#### THE INPUT
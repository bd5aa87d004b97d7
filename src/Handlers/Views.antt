-- ===== src/Handlers/Views.antt =====
-- What a new view makes of a node.
use sawtooth_pbft.Common.{
  if◌then◌else◌, Bool-cases, ◌==◌, nat_eq, string_eq, Bytes, bytes_eq, ℕ, ◌≡◌, refl, sym, ap, ◌∙◌,
  subst, inl, inr, Bool, true, false, Option, none, some,
}
use sawtooth_pbft.Protos.{PbftBlock, block_eq, info_eq, message_eq, seal_eq, view_change_eq}
use sawtooth_pbft.MessageType.{type_eq}
use sawtooth_pbft.Error.{Outcome, ok, err, panic, out_of_fuel}
use sawtooth_pbft.ParsedMessage.{ParsedMessage, parsed_eq, info}
use sawtooth_pbft.State.{
  PbftNodeRole, PbftPhase, PbftMode, phase_eq, PbftState, get_primary_id, upgrade_role,
  downgrade_role, discard_current_block,
}
use sawtooth_pbft.Log.{entry_eq}
use sawtooth_pbft.Service.{Call, Env}
use sawtooth_pbft.Node.{PbftNode, M, ◌>>=◌, query_state, done, modify_state, request, now}
use sawtooth_pbft.Handlers.{
  set_current_view, check_is_primary, ignore_working_block, become_primary, become_secondary,
  take_role, adopt_view,
}
use sawtooth_pbft.Node.Keeps.{after}

-- A node at the start of a view, in the role that the view gives it.
pub record EntersView (view : ℕ) (primary_id : Bytes) (s k : PbftState) : Type 0 where
  pub in_view : k.view ≡ view
  pub in_role :
      k.role ≡ (if s.id == primary_id then PbftNodeRole.primary else PbftNodeRole.secondary)
  pub is_normal : k.mode ≡ PbftMode.normal
  pub at_start : k.phase ≡ PbftPhase.pre_preparing
  pub no_block : k.working_block ≡ none
  pub same_seq : k.seq_num ≡ s.seq_num

-- `become_primary` changes the role and no other part of the state.
become_primary-state :
    (env : Env) (n : PbftNode)
    → ((become_primary env n).0 ≡ ok tt) × ((become_primary env n).1.state ≡ upgrade_role n.state)
unfolding become_primary
become_primary-state env n = go n.state.working_block
  where
    begin_block : M (Unit {0})
    begin_block = request env (Call.initialize_block none) >>= λ initialized. done

    go :
        (w : Option PbftBlock)
        → ((after
              (λ _. begin_block)
              (ignore_working_block env w (record n { state = upgrade_role n.state }))).0
            ≡ ok tt)
          × ((after
                (λ _. begin_block)
                (ignore_working_block env w (record n { state = upgrade_role n.state }))).1.state
              ≡ upgrade_role n.state)
    go none = (refl, refl)
    go (some b) = (refl, refl)

-- The end of `adopt_view`.
abbrev restart : Env → M (Unit {0})
restart env = now env >>= λ t. modify_state (discard_current_block t)

module _ (env : Env) (view : ℕ) (primary_id : Bytes) (s : PbftState) where
  abbrev Entered : Outcome (Unit {0}) × PbftNode → Type 0
  Entered (o, k) = (o ≡ ok tt) × EntersView view primary_id s k.state

  restarted :
      (o : Outcome (Unit {0})) (k : PbftNode)
      → o ≡ ok tt
      → k.state.view ≡ view
      → k.state.role ≡ (if s.id == primary_id then PbftNodeRole.primary else PbftNodeRole.secondary)
      → k.state.seq_num ≡ s.seq_num
      → Entered (after (λ _. restart env) (o, k))
  unfolding discard_current_block
  restarted (ok _) k e v r q = (
    refl,
    record {
      in_view = v;
      in_role = r;
      is_normal = refl;
      at_start = refl;
      no_block = refl;
      same_seq = q;
    },
  )
  restarted (err x) k e v r q = cc
  restarted panic k e v r q = cc
  restarted out_of_fuel k e v r q = cc

-- A node that adopts a view whose primary is known succeeds, whatever the validator answers: it is in
-- that view, primary exactly if its ID is the primary's, and at the start of its sequence number, in
-- normal mode and without a block.
pub adopt_view-EntersView :
    (env : Env) (msg : ParsedMessage) (n : PbftNode) (p : Bytes)
    → get_primary_id (set_current_view (info msg).view n.state) ≡ ok p
    → ((adopt_view env msg n).0 ≡ ok tt)
      × EntersView (info msg).view p n.state (adopt_view env msg n).1.state
unfolding adopt_view take_role check_is_primary become_secondary upgrade_role downgrade_role
    set_current_view
adopt_view-EntersView env msg n p h = subst Result (sym step) (elim (Bool-cases (n.state.id == p)) [
  | inl e ↦ rw e (as_primary e)
  | inr e ↦ rw e (as_secondary e)
])
  where
    moved : PbftNode
    moved = record n { state = set_current_view (info msg).view n.state }

    tail : Bool → M (Unit {0})
    tail b = if b then become_primary env else become_secondary

    Result : Outcome Bool × PbftNode → Type 0
    Result r =
        ((after (λ _. restart env) (after tail r)).0 ≡ ok tt)
        × EntersView (info msg).view p n.state (after (λ _. restart env) (after tail r)).1.state

    step : query_state check_is_primary moved ≡ (ok (n.state.id == p), moved)
    step = rw (check_is_primary, h) refl

    as_primary : (n.state.id == p) ≡ true → Result (ok true, moved)
    as_primary e =
        let done_so = become_primary-state env moved in
        restarted env (info msg).view p n.state (become_primary env moved).0
          (become_primary env moved).1 done_so.0 (ap (λ s. s.view) done_so.1)
          (ap (λ s. s.role) done_so.1 ∙ rw e refl) (ap (λ s. s.seq_num) done_so.1)

    as_secondary : (n.state.id == p) ≡ false → Result (ok false, moved)
    as_secondary e =
        restarted env (info msg).view p n.state (ok tt)
          (record moved { state = downgrade_role moved.state }) refl refl (rw e refl) refl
########
> EXERCISE DETAILS
Your task is to transcribe the listing in full, so that each line reads exactly as before.

> RESULT OF THIS TASK
repository bd5aa87d004b97d7
filename src/Handlers/Views.antt
-- ===== src/Handlers/Views.antt =====
-- What a new view makes of a node.
use sawtooth_pbft.Common.{
  if◌then◌else◌, Bool-cases, ◌==◌, nat_eq, string_eq, Bytes, bytes_eq, ℕ, ◌≡◌, refl, sym, ap, ◌∙◌,
  subst, inl, inr, Bool, true, false, Option, none, some,
}
use sawtooth_pbft.Protos.{PbftBlock, block_eq, info_eq, message_eq, seal_eq, view_change_eq}
use sawtooth_pbft.MessageType.{type_eq}
use sawtooth_pbft.Error.{Outcome, ok, err, panic, out_of_fuel}
use sawtooth_pbft.ParsedMessage.{ParsedMessage, parsed_eq, info}
use sawtooth_pbft.State.{
  PbftNodeRole, PbftPhase, PbftMode, phase_eq, PbftState, get_primary_id, upgrade_role,
  downgrade_role, discard_current_block,
}
use sawtooth_pbft.Log.{entry_eq}
use sawtooth_pbft.Service.{Call, Env}
use sawtooth_pbft.Node.{PbftNode, M, ◌>>=◌, query_state, done, modify_state, request, now}
use sawtooth_pbft.Handlers.{
  set_current_view, check_is_primary, ignore_working_block, become_primary, become_secondary,
  take_role, adopt_view,
}
use sawtooth_pbft.Node.Keeps.{after}

-- A node at the start of a view, in the role that the view gives it.
pub record EntersView (view : ℕ) (primary_id : Bytes) (s k : PbftState) : Type 0 where
  pub in_view : k.view ≡ view
  pub in_role :
      k.role ≡ (if s.id == primary_id then PbftNodeRole.primary else PbftNodeRole.secondary)
  pub is_normal : k.mode ≡ PbftMode.normal
  pub at_start : k.phase ≡ PbftPhase.pre_preparing
  pub no_block : k.working_block ≡ none
  pub same_seq : k.seq_num ≡ s.seq_num

-- `become_primary` changes the role and no other part of the state.
become_primary-state :
    (env : Env) (n : PbftNode)
    → ((become_primary env n).0 ≡ ok tt) × ((become_primary env n).1.state ≡ upgrade_role n.state)
unfolding become_primary
become_primary-state env n = go n.state.working_block
  where
    begin_block : M (Unit {0})
    begin_block = request env (Call.initialize_block none) >>= λ initialized. done

    go :
        (w : Option PbftBlock)
        → ((after
              (λ _. begin_block)
              (ignore_working_block env w (record n { state = upgrade_role n.state }))).0
            ≡ ok tt)
          × ((after
                (λ _. begin_block)
                (ignore_working_block env w (record n { state = upgrade_role n.state }))).1.state
              ≡ upgrade_role n.state)
    go none = (refl, refl)
    go (some b) = (refl, refl)

-- The end of `adopt_view`.
abbrev restart : Env → M (Unit {0})
restart env = now env >>= λ t. modify_state (discard_current_block t)

module _ (env : Env) (view : ℕ) (primary_id : Bytes) (s : PbftState) where
  abbrev Entered : Outcome (Unit {0}) × PbftNode → Type 0
  Entered (o, k) = (o ≡ ok tt) × EntersView view primary_id s k.state

  restarted :
      (o : Outcome (Unit {0})) (k : PbftNode)
      → o ≡ ok tt
      → k.state.view ≡ view
      → k.state.role ≡ (if s.id == primary_id then PbftNodeRole.primary else PbftNodeRole.secondary)
      → k.state.seq_num ≡ s.seq_num
      → Entered (after (λ _. restart env) (o, k))
  unfolding discard_current_block
  restarted (ok _) k e v r q = (
    refl,
    record {
      in_view = v;
      in_role = r;
      is_normal = refl;
      at_start = refl;
      no_block = refl;
      same_seq = q;
    },
  )
  restarted (err x) k e v r q = cc
  restarted panic k e v r q = cc
  restarted out_of_fuel k e v r q = cc

-- A node that adopts a view whose primary is known succeeds, whatever the validator answers: it is in
-- that view, primary exactly if its ID is the primary's, and at the start of its sequence number, in
-- normal mode and without a block.
pub adopt_view-EntersView :
    (env : Env) (msg : ParsedMessage) (n : PbftNode) (p : Bytes)
    → get_primary_id (set_current_view (info msg).view n.state) ≡ ok p
    → ((adopt_view env msg n).0 ≡ ok tt)
      × EntersView (info msg).view p n.state (adopt_view env msg n).1.state
unfolding adopt_view take_role check_is_primary become_secondary upgrade_role downgrade_role
    set_current_view
adopt_view-EntersView env msg n p h = subst Result (sym step) (elim (Bool-cases (n.state.id == p)) [
  | inl e ↦ rw e (as_primary e)
  | inr e ↦ rw e (as_secondary e)
])
  where
    moved : PbftNode
    moved = record n { state = set_current_view (info msg).view n.state }

    tail : Bool → M (Unit {0})
    tail b = if b then become_primary env else become_secondary

    Result : Outcome Bool × PbftNode → Type 0
    Result r =
        ((after (λ _. restart env) (after tail r)).0 ≡ ok tt)
        × EntersView (info msg).view p n.state (after (λ _. restart env) (after tail r)).1.state

    step : query_state check_is_primary moved ≡ (ok (n.state.id == p), moved)
    step = rw (check_is_primary, h) refl

    as_primary : (n.state.id == p) ≡ true → Result (ok true, moved)
    as_primary e =
        let done_so = become_primary-state env moved in
        restarted env (info msg).view p n.state (become_primary env moved).0
          (become_primary env moved).1 done_so.0 (ap (λ s. s.view) done_so.1)
          (ap (λ s. s.role) done_so.1 ∙ rw e refl) (ap (λ s. s.seq_num) done_so.1)

    as_secondary : (n.state.id == p) ≡ false → Result (ok false, moved)
    as_secondary e =
        restarted env (info msg).view p n.state (ok tt)
          (record moved { state = downgrade_role moved.state }) refl refl (rw e refl) refl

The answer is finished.